(Data entries)
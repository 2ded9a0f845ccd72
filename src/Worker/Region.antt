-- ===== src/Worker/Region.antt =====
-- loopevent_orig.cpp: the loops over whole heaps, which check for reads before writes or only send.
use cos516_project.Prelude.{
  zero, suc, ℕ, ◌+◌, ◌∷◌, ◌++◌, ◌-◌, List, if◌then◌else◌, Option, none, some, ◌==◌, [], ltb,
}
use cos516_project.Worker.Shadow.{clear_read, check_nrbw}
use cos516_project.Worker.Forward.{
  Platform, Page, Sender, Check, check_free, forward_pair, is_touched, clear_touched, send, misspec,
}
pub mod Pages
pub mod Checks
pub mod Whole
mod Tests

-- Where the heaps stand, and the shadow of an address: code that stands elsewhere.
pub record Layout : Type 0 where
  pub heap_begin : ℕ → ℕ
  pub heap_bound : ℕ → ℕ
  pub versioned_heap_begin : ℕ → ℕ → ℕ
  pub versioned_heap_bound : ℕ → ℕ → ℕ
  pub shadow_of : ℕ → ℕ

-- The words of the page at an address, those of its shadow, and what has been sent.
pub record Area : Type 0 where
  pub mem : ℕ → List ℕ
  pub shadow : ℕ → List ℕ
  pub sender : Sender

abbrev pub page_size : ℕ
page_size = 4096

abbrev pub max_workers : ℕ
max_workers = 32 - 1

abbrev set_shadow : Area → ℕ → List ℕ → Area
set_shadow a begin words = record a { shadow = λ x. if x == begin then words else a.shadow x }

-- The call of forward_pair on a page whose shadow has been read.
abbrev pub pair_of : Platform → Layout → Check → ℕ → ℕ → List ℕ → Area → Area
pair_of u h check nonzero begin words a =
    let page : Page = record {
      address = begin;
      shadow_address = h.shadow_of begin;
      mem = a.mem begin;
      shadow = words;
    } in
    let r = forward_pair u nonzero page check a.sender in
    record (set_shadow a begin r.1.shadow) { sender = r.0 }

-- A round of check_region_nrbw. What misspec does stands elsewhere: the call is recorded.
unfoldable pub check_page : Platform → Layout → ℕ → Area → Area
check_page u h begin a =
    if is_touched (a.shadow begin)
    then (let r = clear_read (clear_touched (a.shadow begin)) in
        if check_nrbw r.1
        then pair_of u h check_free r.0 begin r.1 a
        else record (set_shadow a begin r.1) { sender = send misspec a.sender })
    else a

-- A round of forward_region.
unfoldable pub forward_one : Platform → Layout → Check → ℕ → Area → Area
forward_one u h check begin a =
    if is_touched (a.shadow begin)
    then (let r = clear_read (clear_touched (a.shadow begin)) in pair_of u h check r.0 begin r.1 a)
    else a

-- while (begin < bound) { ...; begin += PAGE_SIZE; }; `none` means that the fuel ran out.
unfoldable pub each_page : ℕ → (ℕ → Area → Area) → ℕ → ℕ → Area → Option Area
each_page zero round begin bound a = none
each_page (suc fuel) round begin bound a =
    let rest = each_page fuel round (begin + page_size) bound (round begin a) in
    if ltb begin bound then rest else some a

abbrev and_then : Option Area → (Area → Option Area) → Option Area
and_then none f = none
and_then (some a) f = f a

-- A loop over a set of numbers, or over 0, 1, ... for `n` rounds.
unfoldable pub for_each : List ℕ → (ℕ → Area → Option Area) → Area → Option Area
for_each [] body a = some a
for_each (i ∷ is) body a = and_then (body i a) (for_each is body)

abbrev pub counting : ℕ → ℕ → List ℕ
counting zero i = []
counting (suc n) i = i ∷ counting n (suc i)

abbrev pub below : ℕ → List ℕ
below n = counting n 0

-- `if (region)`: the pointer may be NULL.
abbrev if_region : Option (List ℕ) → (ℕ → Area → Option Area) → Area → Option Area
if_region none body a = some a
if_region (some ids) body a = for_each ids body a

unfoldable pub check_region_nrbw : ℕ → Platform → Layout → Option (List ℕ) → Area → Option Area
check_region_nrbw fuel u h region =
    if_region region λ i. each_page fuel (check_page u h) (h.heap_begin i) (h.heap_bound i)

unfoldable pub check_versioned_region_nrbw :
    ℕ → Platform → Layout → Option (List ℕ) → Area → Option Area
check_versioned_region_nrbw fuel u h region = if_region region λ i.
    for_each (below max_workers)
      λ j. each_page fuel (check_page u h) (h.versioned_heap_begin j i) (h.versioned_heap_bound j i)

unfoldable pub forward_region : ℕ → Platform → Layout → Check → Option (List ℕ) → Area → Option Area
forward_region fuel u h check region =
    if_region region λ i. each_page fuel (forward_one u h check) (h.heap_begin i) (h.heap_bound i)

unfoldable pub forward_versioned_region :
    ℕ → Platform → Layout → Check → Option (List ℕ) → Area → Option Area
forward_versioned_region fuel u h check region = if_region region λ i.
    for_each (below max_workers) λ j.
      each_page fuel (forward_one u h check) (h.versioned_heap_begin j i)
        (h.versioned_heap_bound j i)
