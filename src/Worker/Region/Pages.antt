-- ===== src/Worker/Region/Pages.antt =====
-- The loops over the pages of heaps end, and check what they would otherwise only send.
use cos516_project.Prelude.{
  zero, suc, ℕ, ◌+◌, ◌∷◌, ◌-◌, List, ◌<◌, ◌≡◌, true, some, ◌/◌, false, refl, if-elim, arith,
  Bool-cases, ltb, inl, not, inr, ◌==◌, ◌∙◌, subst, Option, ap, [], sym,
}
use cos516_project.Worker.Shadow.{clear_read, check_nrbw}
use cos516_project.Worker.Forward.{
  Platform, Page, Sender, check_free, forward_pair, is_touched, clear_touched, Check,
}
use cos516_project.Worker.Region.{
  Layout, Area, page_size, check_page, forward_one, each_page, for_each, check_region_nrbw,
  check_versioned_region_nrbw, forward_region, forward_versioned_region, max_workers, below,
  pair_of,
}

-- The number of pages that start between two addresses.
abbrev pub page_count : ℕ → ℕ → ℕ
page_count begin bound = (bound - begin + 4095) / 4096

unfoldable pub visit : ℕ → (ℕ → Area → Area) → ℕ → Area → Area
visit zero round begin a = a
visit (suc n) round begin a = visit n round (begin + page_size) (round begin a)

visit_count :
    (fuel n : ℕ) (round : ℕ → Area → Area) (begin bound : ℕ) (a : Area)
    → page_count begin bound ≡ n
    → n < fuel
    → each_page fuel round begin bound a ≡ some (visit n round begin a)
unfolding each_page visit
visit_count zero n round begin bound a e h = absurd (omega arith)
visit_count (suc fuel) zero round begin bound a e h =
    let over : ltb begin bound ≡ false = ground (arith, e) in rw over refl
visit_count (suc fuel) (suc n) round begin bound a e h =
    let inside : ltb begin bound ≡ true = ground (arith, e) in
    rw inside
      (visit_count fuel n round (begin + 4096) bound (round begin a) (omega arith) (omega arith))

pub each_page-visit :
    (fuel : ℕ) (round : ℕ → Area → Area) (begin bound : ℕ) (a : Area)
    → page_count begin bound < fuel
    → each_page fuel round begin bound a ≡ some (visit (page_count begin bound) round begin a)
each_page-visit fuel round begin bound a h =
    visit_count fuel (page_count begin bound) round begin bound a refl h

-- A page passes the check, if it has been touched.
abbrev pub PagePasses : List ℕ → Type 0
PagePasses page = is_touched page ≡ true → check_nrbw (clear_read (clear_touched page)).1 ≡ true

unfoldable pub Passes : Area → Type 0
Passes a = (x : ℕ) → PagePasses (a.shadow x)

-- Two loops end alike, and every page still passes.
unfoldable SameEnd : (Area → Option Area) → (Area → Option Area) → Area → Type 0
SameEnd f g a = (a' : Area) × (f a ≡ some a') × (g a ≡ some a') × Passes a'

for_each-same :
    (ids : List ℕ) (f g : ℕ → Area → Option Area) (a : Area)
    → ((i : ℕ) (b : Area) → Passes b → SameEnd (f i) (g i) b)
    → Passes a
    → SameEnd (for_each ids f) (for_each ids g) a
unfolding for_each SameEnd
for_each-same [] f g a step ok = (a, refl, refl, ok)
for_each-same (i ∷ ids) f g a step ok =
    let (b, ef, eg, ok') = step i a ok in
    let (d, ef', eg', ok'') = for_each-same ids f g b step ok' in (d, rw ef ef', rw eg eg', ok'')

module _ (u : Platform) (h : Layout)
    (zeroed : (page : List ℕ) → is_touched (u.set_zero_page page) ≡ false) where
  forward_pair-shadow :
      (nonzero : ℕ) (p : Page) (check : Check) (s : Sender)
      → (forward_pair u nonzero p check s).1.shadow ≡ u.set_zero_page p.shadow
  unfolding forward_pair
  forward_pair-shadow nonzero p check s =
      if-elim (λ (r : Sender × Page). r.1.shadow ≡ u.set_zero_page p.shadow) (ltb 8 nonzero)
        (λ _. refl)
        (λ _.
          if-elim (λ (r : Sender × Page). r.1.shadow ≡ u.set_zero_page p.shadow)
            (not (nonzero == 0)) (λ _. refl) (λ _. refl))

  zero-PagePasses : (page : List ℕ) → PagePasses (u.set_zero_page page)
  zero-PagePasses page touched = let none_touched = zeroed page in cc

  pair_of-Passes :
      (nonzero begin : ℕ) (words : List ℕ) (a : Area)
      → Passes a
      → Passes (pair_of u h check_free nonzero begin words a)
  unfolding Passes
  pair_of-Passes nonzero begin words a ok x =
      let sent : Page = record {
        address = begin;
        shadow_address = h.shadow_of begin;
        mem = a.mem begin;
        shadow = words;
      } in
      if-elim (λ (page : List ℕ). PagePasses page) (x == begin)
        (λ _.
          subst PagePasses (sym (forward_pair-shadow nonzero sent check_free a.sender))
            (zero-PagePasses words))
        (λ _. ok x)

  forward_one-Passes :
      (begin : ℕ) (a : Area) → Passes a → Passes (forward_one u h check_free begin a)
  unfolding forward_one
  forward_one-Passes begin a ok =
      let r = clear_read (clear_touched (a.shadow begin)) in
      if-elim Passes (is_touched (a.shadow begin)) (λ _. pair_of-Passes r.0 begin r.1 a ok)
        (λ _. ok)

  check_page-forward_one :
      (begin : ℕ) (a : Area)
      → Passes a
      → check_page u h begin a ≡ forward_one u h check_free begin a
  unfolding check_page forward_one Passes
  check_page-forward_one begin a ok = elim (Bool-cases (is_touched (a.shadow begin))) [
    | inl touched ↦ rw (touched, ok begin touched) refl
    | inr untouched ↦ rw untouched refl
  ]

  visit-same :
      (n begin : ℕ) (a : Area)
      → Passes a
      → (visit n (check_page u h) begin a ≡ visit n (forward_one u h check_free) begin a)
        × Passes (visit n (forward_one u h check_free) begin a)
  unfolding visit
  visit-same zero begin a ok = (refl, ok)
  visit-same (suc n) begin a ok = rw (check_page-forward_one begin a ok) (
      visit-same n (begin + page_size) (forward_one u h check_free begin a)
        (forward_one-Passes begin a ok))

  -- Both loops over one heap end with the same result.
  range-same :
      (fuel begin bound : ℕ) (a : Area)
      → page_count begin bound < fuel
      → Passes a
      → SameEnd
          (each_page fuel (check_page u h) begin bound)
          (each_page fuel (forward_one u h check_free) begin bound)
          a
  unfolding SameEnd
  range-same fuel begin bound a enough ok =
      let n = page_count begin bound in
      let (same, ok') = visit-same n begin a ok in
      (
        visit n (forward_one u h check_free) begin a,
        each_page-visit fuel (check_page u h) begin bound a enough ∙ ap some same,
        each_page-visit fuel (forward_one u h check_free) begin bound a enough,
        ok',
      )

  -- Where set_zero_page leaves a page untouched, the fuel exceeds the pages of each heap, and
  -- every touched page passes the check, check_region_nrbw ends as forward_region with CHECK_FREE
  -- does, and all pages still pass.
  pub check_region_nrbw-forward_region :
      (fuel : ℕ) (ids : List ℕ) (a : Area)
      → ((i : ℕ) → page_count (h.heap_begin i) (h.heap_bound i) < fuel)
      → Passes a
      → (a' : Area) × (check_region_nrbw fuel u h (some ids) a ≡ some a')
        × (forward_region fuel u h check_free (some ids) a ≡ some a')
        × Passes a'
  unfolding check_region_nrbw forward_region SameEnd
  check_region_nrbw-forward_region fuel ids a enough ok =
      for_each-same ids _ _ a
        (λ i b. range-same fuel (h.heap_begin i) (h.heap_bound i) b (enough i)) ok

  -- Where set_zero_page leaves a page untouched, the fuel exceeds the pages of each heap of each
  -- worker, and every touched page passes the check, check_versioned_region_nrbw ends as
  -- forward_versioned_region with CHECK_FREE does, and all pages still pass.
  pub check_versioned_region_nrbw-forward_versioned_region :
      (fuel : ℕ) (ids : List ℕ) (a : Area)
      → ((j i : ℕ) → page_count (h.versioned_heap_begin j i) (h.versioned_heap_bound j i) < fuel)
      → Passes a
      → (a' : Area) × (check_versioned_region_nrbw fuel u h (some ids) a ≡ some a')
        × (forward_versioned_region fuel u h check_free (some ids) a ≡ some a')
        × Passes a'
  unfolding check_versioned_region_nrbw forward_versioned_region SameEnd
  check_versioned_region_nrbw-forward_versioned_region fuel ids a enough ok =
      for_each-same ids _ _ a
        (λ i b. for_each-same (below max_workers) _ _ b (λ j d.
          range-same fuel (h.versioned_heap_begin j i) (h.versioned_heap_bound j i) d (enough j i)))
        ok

_WHAT THIS TASK INVOLVES_. Identify every line above that includes the word "ends", and show those lines.

_ANSWER FOR THIS EXERCISE_.
  -- every touched page passes the check, check_region_nrbw ends as forward_region with CHECK_FREE
  -- worker, and every touched page passes the check, check_versioned_region_nrbw ends as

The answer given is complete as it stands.